__ABOUT THIS EXERCISE__. When you reach the line that contains "rw e (h.size" in the data below, start reproducing lines exactly, and stop after the line that contains "after-left m l".

Saved data entries:
-=-=-

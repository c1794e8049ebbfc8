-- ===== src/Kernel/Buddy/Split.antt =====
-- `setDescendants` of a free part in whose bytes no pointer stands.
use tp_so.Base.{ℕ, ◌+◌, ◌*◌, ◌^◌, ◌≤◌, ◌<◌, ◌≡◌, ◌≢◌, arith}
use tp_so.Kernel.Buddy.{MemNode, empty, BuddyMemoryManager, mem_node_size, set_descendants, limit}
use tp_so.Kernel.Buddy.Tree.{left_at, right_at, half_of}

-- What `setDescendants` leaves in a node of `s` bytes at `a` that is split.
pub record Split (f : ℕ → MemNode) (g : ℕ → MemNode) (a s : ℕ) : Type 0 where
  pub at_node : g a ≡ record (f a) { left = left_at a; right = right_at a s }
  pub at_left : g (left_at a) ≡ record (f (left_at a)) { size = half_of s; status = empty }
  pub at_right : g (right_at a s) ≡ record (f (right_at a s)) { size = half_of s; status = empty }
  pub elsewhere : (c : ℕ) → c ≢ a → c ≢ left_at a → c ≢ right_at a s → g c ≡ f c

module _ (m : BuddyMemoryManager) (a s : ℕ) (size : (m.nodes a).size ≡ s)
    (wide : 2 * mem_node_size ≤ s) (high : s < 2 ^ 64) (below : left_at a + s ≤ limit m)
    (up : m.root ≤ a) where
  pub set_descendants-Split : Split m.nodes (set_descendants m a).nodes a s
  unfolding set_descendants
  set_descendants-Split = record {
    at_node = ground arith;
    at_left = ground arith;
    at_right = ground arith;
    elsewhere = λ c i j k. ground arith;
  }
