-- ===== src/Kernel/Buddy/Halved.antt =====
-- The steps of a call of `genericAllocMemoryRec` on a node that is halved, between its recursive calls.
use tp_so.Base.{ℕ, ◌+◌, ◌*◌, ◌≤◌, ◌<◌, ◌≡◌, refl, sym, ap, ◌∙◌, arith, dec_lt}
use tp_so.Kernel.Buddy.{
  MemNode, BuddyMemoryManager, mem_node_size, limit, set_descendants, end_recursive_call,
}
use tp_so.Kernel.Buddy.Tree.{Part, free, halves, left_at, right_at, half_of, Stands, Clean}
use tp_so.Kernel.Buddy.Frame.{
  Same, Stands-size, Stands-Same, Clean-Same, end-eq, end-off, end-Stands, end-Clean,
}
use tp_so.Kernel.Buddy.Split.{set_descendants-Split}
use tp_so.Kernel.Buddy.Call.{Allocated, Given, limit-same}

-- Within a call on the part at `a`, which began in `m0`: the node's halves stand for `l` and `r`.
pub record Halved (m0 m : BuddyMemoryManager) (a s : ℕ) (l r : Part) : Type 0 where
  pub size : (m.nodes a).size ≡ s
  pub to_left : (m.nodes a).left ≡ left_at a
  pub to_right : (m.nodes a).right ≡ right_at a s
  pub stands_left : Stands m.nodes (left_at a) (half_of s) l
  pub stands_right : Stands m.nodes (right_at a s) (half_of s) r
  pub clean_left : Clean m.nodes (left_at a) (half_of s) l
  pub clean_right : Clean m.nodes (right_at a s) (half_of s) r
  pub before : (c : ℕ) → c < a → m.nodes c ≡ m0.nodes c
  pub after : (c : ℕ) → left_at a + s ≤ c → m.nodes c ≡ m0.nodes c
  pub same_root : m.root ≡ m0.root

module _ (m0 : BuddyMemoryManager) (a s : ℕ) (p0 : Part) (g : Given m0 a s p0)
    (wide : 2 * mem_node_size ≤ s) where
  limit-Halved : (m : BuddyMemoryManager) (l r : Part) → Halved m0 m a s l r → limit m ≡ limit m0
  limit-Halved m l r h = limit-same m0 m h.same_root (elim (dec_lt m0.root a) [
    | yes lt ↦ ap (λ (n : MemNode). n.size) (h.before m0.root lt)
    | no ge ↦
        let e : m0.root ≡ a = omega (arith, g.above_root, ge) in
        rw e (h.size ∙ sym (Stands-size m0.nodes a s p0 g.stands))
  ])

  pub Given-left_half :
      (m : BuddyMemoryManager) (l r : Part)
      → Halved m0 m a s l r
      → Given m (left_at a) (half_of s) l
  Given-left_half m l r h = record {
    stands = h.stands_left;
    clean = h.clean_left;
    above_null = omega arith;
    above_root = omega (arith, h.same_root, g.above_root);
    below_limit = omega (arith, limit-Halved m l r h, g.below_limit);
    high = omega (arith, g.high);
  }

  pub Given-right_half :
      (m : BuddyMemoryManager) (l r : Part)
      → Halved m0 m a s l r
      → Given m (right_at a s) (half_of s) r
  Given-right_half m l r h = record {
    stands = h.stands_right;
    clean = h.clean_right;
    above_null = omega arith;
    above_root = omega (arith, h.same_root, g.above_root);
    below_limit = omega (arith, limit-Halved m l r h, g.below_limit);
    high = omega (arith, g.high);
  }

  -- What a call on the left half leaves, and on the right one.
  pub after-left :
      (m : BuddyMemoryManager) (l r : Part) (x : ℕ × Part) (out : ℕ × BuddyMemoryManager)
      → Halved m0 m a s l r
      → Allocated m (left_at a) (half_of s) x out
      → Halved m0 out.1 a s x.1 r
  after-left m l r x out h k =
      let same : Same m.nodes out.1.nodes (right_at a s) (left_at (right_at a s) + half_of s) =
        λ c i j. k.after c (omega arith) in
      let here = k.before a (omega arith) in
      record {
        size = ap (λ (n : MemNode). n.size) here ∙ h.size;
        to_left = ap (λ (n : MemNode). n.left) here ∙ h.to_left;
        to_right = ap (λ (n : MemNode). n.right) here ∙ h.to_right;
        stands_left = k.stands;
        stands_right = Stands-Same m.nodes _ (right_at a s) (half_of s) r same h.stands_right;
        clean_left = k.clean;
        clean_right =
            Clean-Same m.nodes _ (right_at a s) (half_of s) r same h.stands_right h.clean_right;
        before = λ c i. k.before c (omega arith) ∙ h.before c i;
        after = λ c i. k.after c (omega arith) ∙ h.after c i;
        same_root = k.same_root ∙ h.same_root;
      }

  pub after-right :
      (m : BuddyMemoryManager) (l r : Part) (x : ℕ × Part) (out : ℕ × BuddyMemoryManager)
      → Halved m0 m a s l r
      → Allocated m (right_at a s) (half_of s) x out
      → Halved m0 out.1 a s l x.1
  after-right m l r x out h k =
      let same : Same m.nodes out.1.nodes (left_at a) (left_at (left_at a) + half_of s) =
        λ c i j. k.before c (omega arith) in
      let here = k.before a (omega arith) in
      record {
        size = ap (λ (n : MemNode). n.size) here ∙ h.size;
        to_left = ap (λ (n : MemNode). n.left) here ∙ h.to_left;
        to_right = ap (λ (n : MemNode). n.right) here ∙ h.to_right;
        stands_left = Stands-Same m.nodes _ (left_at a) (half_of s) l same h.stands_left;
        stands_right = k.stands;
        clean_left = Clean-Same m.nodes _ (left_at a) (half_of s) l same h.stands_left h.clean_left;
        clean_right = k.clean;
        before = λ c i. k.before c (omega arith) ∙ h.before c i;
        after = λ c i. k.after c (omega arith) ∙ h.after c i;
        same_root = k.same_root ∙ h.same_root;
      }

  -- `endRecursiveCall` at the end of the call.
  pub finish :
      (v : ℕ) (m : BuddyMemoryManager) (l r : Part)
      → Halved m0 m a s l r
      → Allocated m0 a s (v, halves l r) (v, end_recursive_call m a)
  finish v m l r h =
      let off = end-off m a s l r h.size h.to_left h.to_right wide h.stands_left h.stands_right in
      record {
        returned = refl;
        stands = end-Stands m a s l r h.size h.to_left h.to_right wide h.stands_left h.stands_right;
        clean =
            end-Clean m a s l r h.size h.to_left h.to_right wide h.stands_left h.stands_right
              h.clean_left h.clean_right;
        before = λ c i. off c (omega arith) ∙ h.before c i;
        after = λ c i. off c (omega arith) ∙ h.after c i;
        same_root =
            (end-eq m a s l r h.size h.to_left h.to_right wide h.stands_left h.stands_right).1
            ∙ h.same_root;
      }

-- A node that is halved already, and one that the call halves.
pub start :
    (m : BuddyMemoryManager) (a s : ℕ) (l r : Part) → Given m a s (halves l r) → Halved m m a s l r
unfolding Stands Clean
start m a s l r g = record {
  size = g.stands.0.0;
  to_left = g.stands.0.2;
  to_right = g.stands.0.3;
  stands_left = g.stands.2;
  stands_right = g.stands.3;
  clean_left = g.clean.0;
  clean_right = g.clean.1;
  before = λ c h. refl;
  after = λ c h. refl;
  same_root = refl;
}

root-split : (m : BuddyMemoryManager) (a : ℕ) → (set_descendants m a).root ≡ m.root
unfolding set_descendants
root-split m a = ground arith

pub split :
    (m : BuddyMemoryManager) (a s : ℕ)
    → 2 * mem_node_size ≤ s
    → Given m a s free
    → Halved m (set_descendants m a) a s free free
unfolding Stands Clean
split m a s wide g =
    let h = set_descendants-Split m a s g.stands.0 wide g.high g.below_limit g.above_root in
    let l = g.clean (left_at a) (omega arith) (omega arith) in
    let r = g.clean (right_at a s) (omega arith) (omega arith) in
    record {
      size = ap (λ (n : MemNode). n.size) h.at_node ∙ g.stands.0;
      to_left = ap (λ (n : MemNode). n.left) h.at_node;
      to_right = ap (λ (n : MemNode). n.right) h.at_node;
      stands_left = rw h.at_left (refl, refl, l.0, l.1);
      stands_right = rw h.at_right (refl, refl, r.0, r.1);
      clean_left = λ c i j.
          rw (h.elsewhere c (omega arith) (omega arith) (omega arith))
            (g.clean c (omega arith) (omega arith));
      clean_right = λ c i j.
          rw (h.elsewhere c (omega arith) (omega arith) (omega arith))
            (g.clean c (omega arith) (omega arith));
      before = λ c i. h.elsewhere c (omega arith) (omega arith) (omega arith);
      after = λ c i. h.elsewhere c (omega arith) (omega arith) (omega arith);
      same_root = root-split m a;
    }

-=-=-

__EXPECTED ANSWER__.
        rw e (h.size ∙ sym (Stands-size m0.nodes a s p0 g.stands))
  ])

  pub Given-left_half :
      (m : BuddyMemoryManager) (l r : Part)
      → Halved m0 m a s l r
      → Given m (left_at a) (half_of s) l
  Given-left_half m l r h = record {
    stands = h.stands_left;
    clean = h.clean_left;
    above_null = omega arith;
    above_root = omega (arith, h.same_root, g.above_root);
    below_limit = omega (arith, limit-Halved m l r h, g.below_limit);
    high = omega (arith, g.high);
  }

  pub Given-right_half :
      (m : BuddyMemoryManager) (l r : Part)
      → Halved m0 m a s l r
      → Given m (right_at a s) (half_of s) r
  Given-right_half m l r h = record {
    stands = h.stands_right;
    clean = h.clean_right;
    above_null = omega arith;
    above_root = omega (arith, h.same_root, g.above_root);
    below_limit = omega (arith, limit-Halved m l r h, g.below_limit);
    high = omega (arith, g.high);
  }

  -- What a call on the left half leaves, and on the right one.
  pub after-left :
      (m : BuddyMemoryManager) (l r : Part) (x : ℕ × Part) (out : ℕ × BuddyMemoryManager)
      → Halved m0 m a s l r
      → Allocated m (left_at a) (half_of s) x out
      → Halved m0 out.1 a s x.1 r
  after-left m l r x out h k =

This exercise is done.